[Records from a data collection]
________________________________________
-- ===== src/Pager/Resolve/Fault.antt =====
-- What `resolve` of pager.rs answers: the page, the request, and what they say of the store.
use web_tos.Prelude.{
  ℕ, ◌+◌, ◌*◌, ◌^◌, ◌<◌, ◌≡◌, ◌≢◌, ◌⊎◌, refl, ap, sym, subst, ◌∙◌, List, [], ◌∷◌, true, false, Bool,
  Bool-cases, Option, Option-cases, none, some, inl, inr, arith, ◌==◌, length, get_elem?, Result,
  ok, Stop, All,
}
use web_tos.Prelude.Bytes.{Bytes, bytes_eq, bytes_eq_iff}
use web_tos.Prelude.NatMap as NatMap
use web_tos.Chunk.{ChunkStore, Hash}
use web_tos.Vfs.{Vfs}
use web_tos.Pager.{
  Pager, PageRequest, AddressSpace, AccessKind, bump, is_resident, is_current, page_state,
}
use web_tos.Pager.Mapping.{FileMapping, page_of, page_size}
use web_tos.Pager.Resolve.{
  PermBits, FaultResolution, not_lazy, ready, missing, invalid, second_page_in, bad_chunk, touching,
  Scan, full_page, same_request, asked, concluded, page_in, resolve,
}
use web_tos.Pager.Resolve.Painted.{
  Fits, Lacks, Spoils, byte_of_page, length-full_page, get_elem?-full_page,
}
use web_tos.Pager.Resolve.Request.{last_perm, Among, Built, built, wants, fails, fill_page_lem}
use web_tos.Pager.Resolve.Answer.{
  IsReadable, Readable, any-touching, covering_of_touching, last_perm-touching, touching-Fits,
  on_page, touching_lem, On, Among-touching,
}
use web_tos.Pager.Resolve.Target.{wanted_page, state_of, target_lem}

-- The byte at `j` of a page of the space, by its mappings alone.
abbrev pub first_filled : ChunkStore → ℕ → ℕ → List FileMapping → Option ℕ
first_filled chunks page j [] = none
first_filled chunks page j (m ∷ mappings) = byte_of_page chunks page (m ∷ mappings) j (some m.fill)

abbrev pub byte_in : ChunkStore → ℕ → ℕ → Option AddressSpace → Option ℕ
byte_in chunks page j none = none
byte_in chunks page j (some space) = first_filled chunks page j (on_page space.mappings page)

-- The state of a page of a space that may not be there.
abbrev pub state_in : Pager → ℕ → ℕ → Option AddressSpace → Option (Bool × ℕ)
state_in p asid page none = none
state_in p asid page (some space) = state_of p asid space.mappings page

-- The page that an access to the address has to bring in.
abbrev pub wanted : PermBits → Pager → ℕ → ℕ → AccessKind → Option ℕ
wanted bits p asid address access =
    wanted_page bits access (page_of address)
      (state_in p asid (page_of address) (NatMap.get asid p.spaces))
      (state_in p asid (page_of address + page_size) (NatMap.get asid p.spaces))

-- The state after a new request.
abbrev pub with_request : Pager → PageRequest → Pager
with_request p r = record p { pending = some r; next_ticket = r.ticket }

-- What `resolve` may answer.
pub data Resolution (bits : PermBits) (p : Pager) (v : Vfs) (asid address : ℕ) (access : AccessKind)
    (o : Result Stop (FaultResolution × Pager)) : Type 0 where
  aside :
      wanted bits p asid address access ≡ none
      → o ≡ ok (not_lazy, p)
      → Resolution bits p v asid address access o
  brought :
      (page : ℕ) (out : Bytes) (perm : ℕ)
      → wanted bits p asid address access ≡ some page
      → o ≡ ok (ready page out perm, p)
      → page_state p asid page ≡ some (false, perm)
      → length out ≡ page_size
      → ((j : ℕ)
          → j < page_size
          → get_elem? out j ≡ byte_in v.chunks page j (NatMap.get asid p.spaces))
      → Resolution bits p v asid address access o
  asks :
      (space : AddressSpace) (r : PageRequest) (after : Pager)
      → NatMap.get asid p.spaces ≡ some space
      → wanted bits p asid address access ≡ some r.page
      → o ≡ ok (missing r, after)
      → Among (On r.page (Lacks v.chunks r.page r.hash)) space.mappings
      → r.asid ≡ asid
      → r.generation ≡ space.generation
      → is_current after r ≡ true
      → ((p.pending ≡ some r) × (after ≡ p))
        ⊎ ((p.pending ≡ none)
            × (r.ticket ≡ bump p.next_ticket)
            × (r.access ≡ access)
            × (after ≡ with_request p r))
      → Resolution bits p v asid address access o
  busy :
      (space : AddressSpace) (q : PageRequest) (page : ℕ) (hash : Hash)
      → NatMap.get asid p.spaces ≡ some space
      → wanted bits p asid address access ≡ some page
      → o ≡ ok (invalid second_page_in, p)
      → Among (On page (Lacks v.chunks page hash)) space.mappings
      → p.pending ≡ some q
      → (q.hash ≡ hash → q.asid ≡ asid → q.generation ≡ space.generation → q.page ≢ page)
      → Resolution bits p v asid address access o
  spoiled :
      (space : AddressSpace) (page i n k : ℕ)
      → NatMap.get asid p.spaces ≡ some space
      → wanted bits p asid address access ≡ some page
      → o ≡ ok (invalid (bad_chunk i n k), p)
      → Among (On page (Spoils v.chunks page i n k)) space.mappings
      → Resolution bits p v asid address access o

-- A page of the space whose mappings are known.
module _ (bits : PermBits) (access : AccessKind) (p : Pager) (v : Vfs) (asid address page : ℕ)
    (space : AddressSpace) (m : FileMapping) (others : List FileMapping)
    (there : NatMap.get asid p.spaces ≡ some space)
    (here : touching space.mappings page ≡ m ∷ others)
    (near : (page ≡ page_of address) ⊎ (page ≡ page_of address + page_size))
    (cold : is_resident p.resident asid page ≡ false)
    (want : wanted bits p asid address access ≡ some page) where
  aligned : page_of page ≡ page
  aligned = elim near [ inl e ↦ omega (arith, e) | inr e ↦ omega (arith, e) ]

  -- The byte at a place of the page, from the fill of its first mapping on.
  shown_first :
      (j : ℕ)
      → j < page_size
      → byte_of_page v.chunks page (m ∷ others) j (get_elem? (full_page m.fill) j)
        ≡ byte_in v.chunks page j (NatMap.get asid p.spaces)
  shown_first j h =
      ap (λ b. byte_of_page v.chunks page (m ∷ others) j b) (get_elem?-full_page m.fill j h)
      ∙ ap (λ l. first_filled v.chunks page j l) (sym here ∙ touching_lem space.mappings page)
      ∙ ap (λ o. byte_in v.chunks page j o) (sym there)

  -- A mapping that touches the page, as one of the space.
  in_space_of : (P : FileMapping → Type 0) → Among P (m ∷ others) → Among (On page P) space.mappings
  in_space_of P h = Among-touching P space.mappings page (subst (λ l. Among P l) (sym here) h)

  state_here : (perm : ℕ) → page_state p asid page ≡ some (false, last_perm (m ∷ others) perm)
  unfolding page_state
  state_here perm =
      let (k, last) = covering_of_touching space.mappings page m others here in
      let same = last_perm-touching space.mappings page perm in
      rw (page_state, there, aligned, last, aligned, cold, sym here, same, last) refl

  current_here :
      (after : Pager) (r : PageRequest)
      → after.spaces ≡ p.spaces
      → r.asid ≡ asid
      → r.generation ≡ space.generation
      → r.page ≡ page
      → is_current after r ≡ true
  unfolding is_current
  current_here after r s a g q =
      let on = any-touching space.mappings page m others here in
      let found : NatMap.get r.asid after.spaces ≡ some space =
        ap (λ i. NatMap.get r.asid i) s ∙ ap (λ i. NatMap.get i p.spaces) a ∙ there in
      let same : (space.generation == r.generation) ≡ true = ground (arith, g) in
      rw (is_current, found, same, q) on

  asked_lem :
      (hash : Hash)
      → Among (Lacks v.chunks page hash) (m ∷ others)
      → Resolution bits p v asid address access
          (ok (asked p asid space.generation page access hash))
  unfolding asked
  asked_lem hash lacking = elim (Option-cases p.pending) [
    | inl quiet ↦
        let ticket = bump p.next_ticket in
        let r : PageRequest = record {
          ticket = ticket;
          hash = hash;
          asid = asid;
          generation = space.generation;
          page = page;
          access = access;
        } in
        let runs : asked p asid space.generation page access hash ≡ (missing r, with_request p r) =
          ground (arith, quiet) in
        rw runs (
          asks space r (with_request p r) there want refl
            (in_space_of (Lacks v.chunks page hash) lacking) refl refl
            (current_here (with_request p r) r refl refl refl refl) (inr (quiet, refl, refl, refl)))
    | inr (q, waits) ↦ elim (Bool-cases (same_request q hash asid space.generation page)) [
      | inr other ↦
          let runs : asked p asid space.generation page access hash ≡ (invalid second_page_in, p) =
            ground (arith, waits, other) in
          rw runs (
            busy space q page hash there want refl (in_space_of (Lacks v.chunks page hash) lacking)
              waits
              (λ h a g at.
                let same : bytes_eq q.hash hash ≡ true = (bytes_eq_iff q.hash hash).1 h in
                ground (arith, same, other)))
      | inl again ↦
          let runs : asked p asid space.generation page access hash ≡ (missing q, p) =
            ground (arith, waits, again) in
          let h : q.hash ≡ hash = (bytes_eq_iff q.hash hash).0 (ground (arith, again)) in
          let a : q.asid ≡ asid = ground (arith, again) in
          let g : q.generation ≡ space.generation = ground (arith, again) in
          let at : q.page ≡ page = ground (arith, again) in
          rw runs (
            asks space q p there (want ∙ ap some (sym at)) refl
              (rw (at, h) (in_space_of (Lacks v.chunks page hash) lacking)) a g
              (current_here p q refl a g at) (inl (waits, refl)))
    ]
  ]

  concluded_lem :
      (scan : Result Stop Scan)
      → Built v.chunks page (m ∷ others) (full_page m.fill) bits.init scan
      → Resolution bits p v asid address access (concluded p asid space.generation page access scan)
  concluded_lem scan (wants hash e lacking) = rw e (asked_lem hash lacking)
  concluded_lem scan (fails i n k e bad) =
      rw e (spoiled space page i n k there want refl (in_space_of (Spoils v.chunks page i n k) bad))
  concluded_lem scan (built out e size at) = rw e (
      brought page out (last_perm (m ∷ others) bits.init) want refl (state_here bits.init) size
        (λ j h. at j h ∙ shown_first j h))

resolved_space :
    (bits : PermBits) (p : Pager) (v : Vfs) (asid address : ℕ) (access : AccessKind)
    (space : AddressSpace)
    → NatMap.get asid p.spaces ≡ some space
    → All IsReadable space.mappings
    → page_of address + 2 * page_size < 2 ^ 64
    → Resolution bits p v asid address access (resolve bits p v asid address access)
unfolding resolve page_in
resolved_space bits p v asid address access space there readable low =
    let spec : wanted bits p asid address access
        ≡ wanted_page bits access (page_of address)
            (state_of p asid space.mappings (page_of address))
            (state_of p asid space.mappings (page_of address + page_size)) =
      rw there refl in
    elim (target_lem bits p space.mappings asid (page_of address) access (omega (arith, low))) [
      | inl (no_page, none_chosen) ↦ rw (resolve, there, none_chosen) (aside (spec ∙ no_page) refl)
      | inr (page, chosen, picked, c) ↦
          let room : page + page_size < 2 ^ 64 = elim c.near [
            | inl e ↦ omega (arith, e, low)
            | inr e ↦ omega (arith, e, low)
          ] in
          let fits : All (Fits page) (c.first ∷ c.others) =
            subst (λ l. All (Fits page) l) c.nonempty
              (touching-Fits space.mappings page readable) in
          rw (resolve, there, picked, c.touches, c.nonempty)
            (concluded_lem bits access p v asid address page space c.first c.others there c.nonempty
              c.near c.cold (spec ∙ c.wanted) _
              (fill_page_lem v.chunks page room (c.first ∷ c.others) (full_page c.first.fill)
                bits.init fits (length-full_page c.first.fill)))
    ]

-- Resolving a fault never panics, where every mapped file can be read and the page after the
-- address lies in the address space. The page that it brings in is the one of the address, if that
-- is mapped and not resident; if that is resident, the next one, if it is mapped and not resident
-- and both grant the access. In every other case the fault is not lazy and nothing changes. The page comes with
-- the permission of its last mapping and, in each of its 4096 places, the byte that the mappings
-- define. A request is for a chunk that is absent and that a mapping of the page shows a byte of; it
-- is current, and it is the pending one, or the first, with a new ticket and this access. A refusal
-- changes nothing: another chunk, space, generation or page is asked for already, or the store has a
-- chunk that a mapping of the page shows a byte of at another length than its layout, and the two
-- lengths are given.
pub resolve-Resolution :
    (bits : PermBits) (p : Pager) (v : Vfs) (asid address : ℕ) (access : AccessKind)
    → Readable p
    → page_of address + 2 * page_size < 2 ^ 64
    → Resolution bits p v asid address access (resolve bits p v asid address access)
unfolding resolve
resolve-Resolution bits p v asid address access readable low =
    elim (Option-cases (NatMap.get asid p.spaces)) [
      | inl gone ↦
          let none_wanted : wanted bits p asid address access ≡ none = rw gone refl in
          rw (resolve, gone) (aside none_wanted refl)
      | inr (space, there) ↦
          resolved_space bits p v asid address access space there (readable asid space there) low
    ]
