-- ===== src/Pager/Unmap.antt =====
-- `unmap` of pager.rs against the abstract view.
use web_tos.Prelude.{
  ℕ, ◌+◌, ◌^◌, ◌≡◌, refl, ◌∙◌, true, false, not, ◌&&◌, ◌||◌, Bool-cases, Option-cases, none, some,
  inl, inr, arith, if◌then◌else◌, ltb, leb, ◌==◌, is_some, All,
}
use web_tos.Prelude.NatMap.{get, insert}
use web_tos.Pager.{Pager, AddressSpace, with_mappings, is_resident, retain, unmap, drop_space}
use web_tos.Pager.Mapping.Clip.{IsValid}
use web_tos.Pager.Space.{unmapped}
use web_tos.Pager.View.{view-unmapped}
use web_tos.Pager.Refine.{
  view_of, IsWellFormed, in_range, unmapped-IsValid, is_resident-retain, view-insert, view-remove,
  SpaceValid-insert, SpaceValid-remove, view-here,
}

-- What `unmap` promises: nothing is left in the range (in the whole address space, if its end
-- is past the last address), neither shown nor resident; everything else is as it was.
pub record Unmapped (p : Pager) (asid start len : ℕ) (after : Pager) : Type 0 where
  pub shows :
      (x a : ℕ)
      → view_of after x a ≡ (
          if x == asid && (leb (2 ^ 64) (start + len) || in_range start (start + len) a)
          then none
          else view_of p x a)
  pub residents :
      (x q : ℕ)
      → is_resident after.resident x q
        ≡ is_resident p.resident x q
          && not (
              x == asid
              && (leb (2 ^ 64) (start + len)
                  || (is_some (get asid p.spaces) && in_range start (start + len) q)))
  pub well_formed : IsWellFormed after

unmap_past :
    (p : Pager) (asid start len : ℕ)
    → IsWellFormed p
    → leb (2 ^ 64) (start + len) ≡ true
    → Unmapped p asid start len (drop_space p asid)
unfolding drop_space
unmap_past p asid start len wf past = record {
  shows = λ x a. view-remove x asid a p.spaces ∙ rw past (ground arith);
  residents =
      λ x q. is_resident-retain (λ b r. not (b == asid)) p.resident x q ∙ rw past (ground arith);
  well_formed = λ x. SpaceValid-remove x asid p.spaces (wf x);
}

unmap_gone :
    (p : Pager) (asid start len : ℕ)
    → IsWellFormed p
    → leb (2 ^ 64) (start + len) ≡ false
    → get asid p.spaces ≡ none
    → Unmapped p asid start len p
unmap_gone p asid start len wf fits gone = record {
  shows = λ x a. elim (Bool-cases (x == asid)) [
    | inl same ↦ let e : x ≡ asid = ground arith in rw (e, gone) (ground arith)
    | inr other ↦ rw other refl
  ];
  residents = λ x q. rw (fits, gone) (ground arith);
  well_formed = wf;
}

module _ (p : Pager) (asid start len : ℕ) (wf : IsWellFormed p) (space : AddressSpace)
    (there : get asid p.spaces ≡ some space) where
  mappings-IsValid : All IsValid space.mappings
  mappings-IsValid = rw there at (wf asid)

  abbrev unmapped_space : AddressSpace
  unmapped_space = with_mappings space (unmapped space.mappings start (start + len))

  unmap_there :
      leb (2 ^ 64) (start + len) ≡ false
      → Unmapped p asid start len (record p {
        spaces = insert asid unmapped_space p.spaces;
        resident = retain (λ a q. not (a == asid) || ltb q start || leb (start + len) q) p.resident;
      })
  unmap_there fits = record {
    shows = λ x a. view-insert x asid a unmapped_space p.spaces ∙ elim (Bool-cases (x == asid)) [
      | inl same ↦
          rw (same, fits, view-here p x asid a space there same)
            (view-unmapped space.mappings start (start + len) a mappings-IsValid (omega arith))
      | inr other ↦ rw other refl
    ];
    residents = λ x q.
        is_resident-retain (λ b r. not (b == asid) || ltb r start || leb (start + len) r) p.resident
          x q
        ∙ rw (fits, there) (ground arith);
    well_formed = λ x.
        SpaceValid-insert x asid unmapped_space p.spaces
          (unmapped-IsValid space.mappings start (start + len) mappings-IsValid) (wf x);
  }

-- `unmap` on a well-formed table implements the abstract operation: nothing is left in the range
-- (in the whole address space, if its end is past the last address), neither shown nor resident
-- (where the space exists), every other address of every space shows what it did, and the table
-- stays well formed.
pub unmap_lem :
    (p : Pager) (asid start len : ℕ)
    → IsWellFormed p
    → Unmapped p asid start len (unmap p asid start len)
unfolding unmap
unmap_lem p asid start len wf = elim (Bool-cases (ltb (start + len) (2 ^ 64))) [
  | inr past ↦ rw (unmap, past) (unmap_past p asid start len wf (ground arith))
  | inl fits ↦ elim (Option-cases (get asid p.spaces)) [
    | inl gone ↦ rw (fits, unmap, gone) (unmap_gone p asid start len wf (ground arith) gone)
    | inr (space, there) ↦
        rw (fits, unmap, there) (unmap_there p asid start len wf space there (ground arith))
  ]
]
________________________________________
(TASK ITEM)
Each line above that contains the string "else" should be copied.

(RESULT)
  inl, inr, arith, if◌then◌else◌, ltb, leb, ◌==◌, is_some, All,
-- is past the last address), neither shown nor resident; everything else is as it was.
          else view_of p x a)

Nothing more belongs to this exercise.